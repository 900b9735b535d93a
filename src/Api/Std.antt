-- ===== src/Api/Std.antt =====
-- simulator/api/std.c
use cvm.Base.{bit_and}
use cvm.Api.{Host, Call, return}

unfoldable pub cpu0_time : {W : Type 0} → Host W → Call W
cpu0_time host vm tid w =
    let (timestamp, w') = host.clock w in return vm (bit_and timestamp 0xFFFFFFFF, w')
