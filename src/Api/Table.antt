-- ===== src/Api/Table.antt =====
-- simulator/api/api.c: the table of the system calls.
use cvm.Base.{ℕ, List, [], ◌∷◌, get_or}
use cvm.Outcome.{Result, ok, fault, ◌>>=◌, bad_call}
use cvm.Vm.{Vm}
use cvm.Api.{Host, Call}
use cvm.Api.Brk.{cpu0_brk, cpu0_sbrk}
use cvm.Api.File.{cpu0_open, cpu0_read, cpu0_write, cpu0_close, cpu0_lseek}
use cvm.Api.Std.{cpu0_time}
use cvm.Api.Printf.{cpu0_printf}

-- The calls of brk.c leave the host alone.
abbrev pub local : {W : Type 0} → (Vm → ℕ → Result Vm) → Call W
local call vm tid w = do vm' ← call vm tid; ok (vm', w)

abbrev pub null : {W : Type 0} → Call W
null vm tid w = fault bad_call

module _ {W : Type 0} (host : Host W) where
  -- The first and the last entry are null.
  abbrev pub table : List (Call W)
  table =
      null
      ∷ cpu0_printf host
      ∷ local cpu0_brk
      ∷ local cpu0_sbrk
      ∷ cpu0_open host
      ∷ cpu0_read host
      ∷ cpu0_write host
      ∷ cpu0_close host
      ∷ cpu0_lseek host
      ∷ cpu0_time host
      ∷ null
      ∷ []

  -- `api_func[id]`, with `id` a sign-extended constant; past the ends there is no function.
  unfoldable pub api_func : ℕ → Call W
  api_func id = get_or table id null
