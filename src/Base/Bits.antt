-- ===== src/Base/Bits.antt =====
-- The bit operations at variables: the equation for the lowest digit, masks and disjoint fields.
use Prim.Native.Nat.{
  ℕ, zero, suc, ◌+◌, ◌-◌, ◌*◌, ◌/◌, ◌%◌, ◌^◌, ◌≤◌, ◌<◌, min, max, bit_and, bit_or, bit_xor, digits,
  bitwise, bit_and-bitwise, bit_or-bitwise, bit_xor-bitwise, differ,
}
use mathlib.Core.Path.{◌≡◌, refl, sym, ap, ◌∙◌}
use native.Mathlib.Nat.{pow-suc, one-le-pow, mul_comm, div-div-eq-div-mul}
use native.Mathlib.Omega.{arith}

-- More fuel than the first operand changes nothing.
module _ (z : ℕ → ℕ) (f : ℕ → ℕ → ℕ) where
  digits-suc : (n a b : ℕ) → a ≤ n → digits z f (suc n) a b ≡ digits z f n a b
  digits-suc zero zero b h = refl
  digits-suc zero (suc a) b h = absurd (omega arith)
  digits-suc (suc n) zero b h = refl
  digits-suc (suc n) (suc a) b h = rw (digits-suc n (suc a / 2) (b / 2) (omega arith))

  digits-add : (k n a b : ℕ) → a ≤ n → digits z f (k + n) a b ≡ digits z f n a b
  digits-add zero n a b h = ap (λ m. digits z f m a b) (omega arith)
  digits-add (suc k) n a b h =
      ap (λ m. digits z f m a b) {x = suc k + n} {y = suc (k + n)} (omega arith)
      ∙ digits-suc (k + n) a b (omega arith)
      ∙ digits-add k n a b h

  digits-enough : (n a b : ℕ) → a ≤ n → digits z f n a b ≡ digits z f a a b
  digits-enough n a b h =
      ap (λ m. digits z f m a b) {x = n} {y = n - a + a} (omega arith)
      ∙ digits-add (n - a) a a b (omega arith)

  -- One round of `bitwise`, at an operand that is not 0.
  bitwise-round :
      (x y : ℕ) → 0 < x → bitwise z f x y ≡ f (x % 2) (y % 2) + 2 * bitwise z f (x / 2) (y / 2)
  bitwise-round zero y h = elim h [ ]
  bitwise-round (suc x) y h = omega (arith, digits-enough x (suc x / 2) (y / 2) (omega arith))

-- A number's last digit and the rest of it: `op` works on each.
abbrev ByDigit : (op digit : ℕ → ℕ → ℕ) → Type 0
ByDigit op digit = (x y : ℕ) → op x y ≡ digit (x % 2) (y % 2) + 2 * op (x / 2) (y / 2)

and-ByDigit : ByDigit bit_and min
and-ByDigit zero y = simp bit_and-bitwise (omega arith)
and-ByDigit (suc x) y =
    simp bit_and-bitwise (omega (arith, bitwise-round (λ d. 0) min (suc x) y (omega arith)))

or-ByDigit : ByDigit bit_or max
or-ByDigit zero y = simp bit_or-bitwise (omega arith)
or-ByDigit (suc x) y =
    simp bit_or-bitwise (omega (arith, bitwise-round (λ d. d) max (suc x) y (omega arith)))

differ-zero : (b : ℕ) → differ 0 b ≡ b
differ-zero b = refl

xor-ByDigit : ByDigit bit_xor differ
xor-ByDigit zero y = simp bit_xor-bitwise (omega (arith, differ-zero (y % 2)))
xor-ByDigit (suc x) y =
    simp bit_xor-bitwise (omega (arith, bitwise-round (λ d. d) differ (suc x) y (omega arith)))

-- Two numbers of low digits below `2 ^ k` and high digits: the operations work on each part.
two-pow-suc : (q k : ℕ) → q * 2 ^ suc k ≡ 2 * (q * 2 ^ k)
two-pow-suc q k = omega (arith, ap (λ (t : ℕ). q * t) (pow-suc 2 k))

module _ (op : ℕ → ℕ → ℕ) (digit : ℕ → ℕ → ℕ) (step : ByDigit op digit) (zeros : op 0 0 ≡ 0) where
  op_split :
      (k q r p s : ℕ)
      → r < 2 ^ k
      → s < 2 ^ k
      → op (q * 2 ^ k + r) (p * 2 ^ k + s) ≡ op q p * 2 ^ k + op r s
  op_split zero q r p s hr hs = ground (arith, zeros)
  op_split (suc k) q r p s hr hs =
      let hq = two-pow-suc q k in
      let hp = two-pow-suc p k in
      ground (
        arith,
        pow-suc 2 k,
        hq,
        hp,
        step (q * 2 ^ suc k + r) (p * 2 ^ suc k + s),
        step r s,
        op_split k q (r / 2) p (s / 2) (omega (arith, pow-suc 2 k)) (omega (arith, pow-suc 2 k)),
        two-pow-suc (op q p) k,
      )

  op_bound :
      (k a b : ℕ) → ((x y : ℕ) → digit (x % 2) (y % 2) < 2) → a < 2 ^ k → b < 2 ^ k → op a b < 2 ^ k
  op_bound zero a b d ha hb = ground (arith, zeros)
  op_bound (suc k) a b d ha hb = omega (
    arith,
    pow-suc 2 k,
    step a b,
    d a b,
    op_bound k (a / 2) (b / 2) d (omega (arith, pow-suc 2 k)) (omega (arith, pow-suc 2 k)),
  )

pub bit_and_split :
    (k q r p s : ℕ)
    → r < 2 ^ k
    → s < 2 ^ k
    → bit_and (q * 2 ^ k + r) (p * 2 ^ k + s) ≡ bit_and q p * 2 ^ k + bit_and r s
bit_and_split = op_split bit_and min and-ByDigit refl

bit_or_split :
    (k q r p s : ℕ)
    → r < 2 ^ k
    → s < 2 ^ k
    → bit_or (q * 2 ^ k + r) (p * 2 ^ k + s) ≡ bit_or q p * 2 ^ k + bit_or r s
bit_or_split = op_split bit_or max or-ByDigit refl

pub bit_and-lt : (k a b : ℕ) → a < 2 ^ k → b < 2 ^ k → bit_and a b < 2 ^ k
bit_and-lt k a b = op_bound bit_and min and-ByDigit refl k a b (λ x y. omega arith)

pub bit_or-lt : (k a b : ℕ) → a < 2 ^ k → b < 2 ^ k → bit_or a b < 2 ^ k
bit_or-lt k a b = op_bound bit_or max or-ByDigit refl k a b (λ x y. omega arith)

differ-lt : (x y : ℕ) → x < 2 → y < 2 → differ x y < 2
differ-lt zero y hx hy = hy
differ-lt (suc zero) zero hx hy = omega arith
differ-lt (suc zero) (suc y) hx hy = omega arith
differ-lt (suc (suc x)) y hx hy = absurd (omega arith)

pub bit_xor-lt : (k a b : ℕ) → a < 2 ^ k → b < 2 ^ k → bit_xor a b < 2 ^ k
bit_xor-lt k a b =
    op_bound bit_xor differ xor-ByDigit refl k a b
      (λ x y. differ-lt (x % 2) (y % 2) (omega arith) (omega arith))

-- Operations with 0.
module _ (op : ℕ → ℕ → ℕ) (digit : ℕ → ℕ → ℕ) (step : ByDigit op digit) (zeros : op 0 0 ≡ 0) where
  op_zero : (n a : ℕ) → a ≤ n → ((x : ℕ) → digit (x % 2) 0 ≡ 0) → op a 0 ≡ 0
  op_zero zero a h d = ground (arith, zeros)
  op_zero (suc n) a h d = ground (arith, step a 0, d a, op_zero n (a / 2) (omega arith) d)

  op_id : (n a : ℕ) → a ≤ n → ((x : ℕ) → digit (x % 2) 0 ≡ x % 2) → op a 0 ≡ a
  op_id zero a h d = ground (arith, zeros)
  op_id (suc n) a h d = ground (arith, step a 0, d a, op_id n (a / 2) (omega arith) d)

pub bit_and-zero : (a : ℕ) → bit_and a 0 ≡ 0
bit_and-zero a = op_zero bit_and min and-ByDigit refl a a (omega arith) (λ x. omega arith)

bit_or-zero : (a : ℕ) → bit_or a 0 ≡ a
bit_or-zero a = op_id bit_or max or-ByDigit refl a a (omega arith) (λ x. omega arith)

zero-bit_and : (a : ℕ) → bit_and 0 a ≡ 0
zero-bit_and a = bit_and-bitwise 0 a

zero-bit_or : (a : ℕ) → bit_or 0 a ≡ a
zero-bit_or a = bit_or-bitwise 0 a

-- `(q << k) | r` is a sum when `r` fits `k` bits, on either side.
pub bit_or_fields : (k q r : ℕ) → r < 2 ^ k → bit_or (q * 2 ^ k) r ≡ q * 2 ^ k + r
bit_or_fields k q r h =
    ground (arith, one-le-pow k 2, bit_or_split k q 0 0 r, bit_or-zero q, zero-bit_or r)

pub bit_or_fields_right : (k q r : ℕ) → r < 2 ^ k → bit_or r (q * 2 ^ k) ≡ q * 2 ^ k + r
bit_or_fields_right k q r h =
    ground (arith, one-le-pow k 2, bit_or_split k 0 r q 0, zero-bit_or q, bit_or-zero r)

-- A mask of `k` low bits is the remainder by `2 ^ k`.
half_ones : (k : ℕ) → (2 ^ suc k - 1) / 2 ≡ 2 ^ k - 1
half_ones k = omega (arith, pow-suc 2 k, one-le-pow k 2)

bit_and_ones : (k a : ℕ) → a < 2 ^ k → bit_and a (2 ^ k - 1) ≡ a
bit_and_ones zero a h = ground arith
bit_and_ones (suc k) a h = ground (
  arith,
  pow-suc 2 k,
  one-le-pow k 2,
  and-ByDigit a (2 ^ suc k - 1),
  bit_and_ones k (a / 2) (omega (arith, pow-suc 2 k)),
  half_ones k,
)

pub bit_and_mask : (k a : ℕ) → bit_and a (2 ^ k - 1) ≡ a % 2 ^ k
bit_and_mask k a = ground (
  arith,
  one-le-pow k 2,
  bit_and_split k (a / 2 ^ k) (a % 2 ^ k) 0 (2 ^ k - 1),
  bit_and-zero (a / 2 ^ k),
  bit_and_ones k (a % 2 ^ k),
)

-- A mask of one bit reads that binary digit.
pub bit_and_bit : (k a : ℕ) → bit_and a (2 ^ k) ≡ a / 2 ^ k % 2 * 2 ^ k
bit_and_bit k a = ground (
  arith,
  one-le-pow k 2,
  bit_and_split k (a / 2 ^ k) (a % 2 ^ k) 1 0,
  bit_and_mask 1 (a / 2 ^ k),
  bit_and-zero (a % 2 ^ k),
)

-- Binary digit `k` of the result depends on digit `k` of the operands.
div_two-pow-suc : (a k : ℕ) → a / 2 ^ suc k ≡ a / 2 / 2 ^ k
div_two-pow-suc a k =
    ap (λ (t : ℕ). a / t) (pow-suc 2 k ∙ mul_comm (2 ^ k) 2) ∙ sym (div-div-eq-div-mul a 2 (2 ^ k))

module _ (op : ℕ → ℕ → ℕ) (digit : ℕ → ℕ → ℕ) (step : ByDigit op digit)
    (small : (a b : ℕ) → digit (a % 2) (b % 2) < 2) where
  op_digit : (k a b : ℕ) → op a b / 2 ^ k % 2 ≡ digit (a / 2 ^ k % 2) (b / 2 ^ k % 2)
  op_digit zero a b = ground (arith, step a b, small a b)
  op_digit (suc k) a b =
      rw (div_two-pow-suc (op a b) k, div_two-pow-suc a k, div_two-pow-suc b k, half)
        (op_digit k (a / 2) (b / 2))
    where
      half : op a b / 2 ≡ op (a / 2) (b / 2)
      half = omega (arith, step a b, small a b)

pub bit_and_digit : (k a b : ℕ) → bit_and a b / 2 ^ k % 2 ≡ min (a / 2 ^ k % 2) (b / 2 ^ k % 2)
bit_and_digit = op_digit bit_and min and-ByDigit (λ a b. omega arith)

pub bit_or_digit : (k a b : ℕ) → bit_or a b / 2 ^ k % 2 ≡ max (a / 2 ^ k % 2) (b / 2 ^ k % 2)
bit_or_digit = op_digit bit_or max or-ByDigit (λ a b. omega arith)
☆ ☆ ☆
§ Task details: Could you transcribe the entries exactly, from the first line through the line containing "cpu0_time host vm", and give nothing more?

§ Answer box:
repository 900b9735b535d93a
filename src/Api/Std.antt
-- ===== src/Api/Std.antt =====
-- simulator/api/std.c
use cvm.Base.{bit_and}
use cvm.Api.{Host, Call, return}

unfoldable pub cpu0_time : {W : Type 0} → Host W → Call W
cpu0_time host vm tid w =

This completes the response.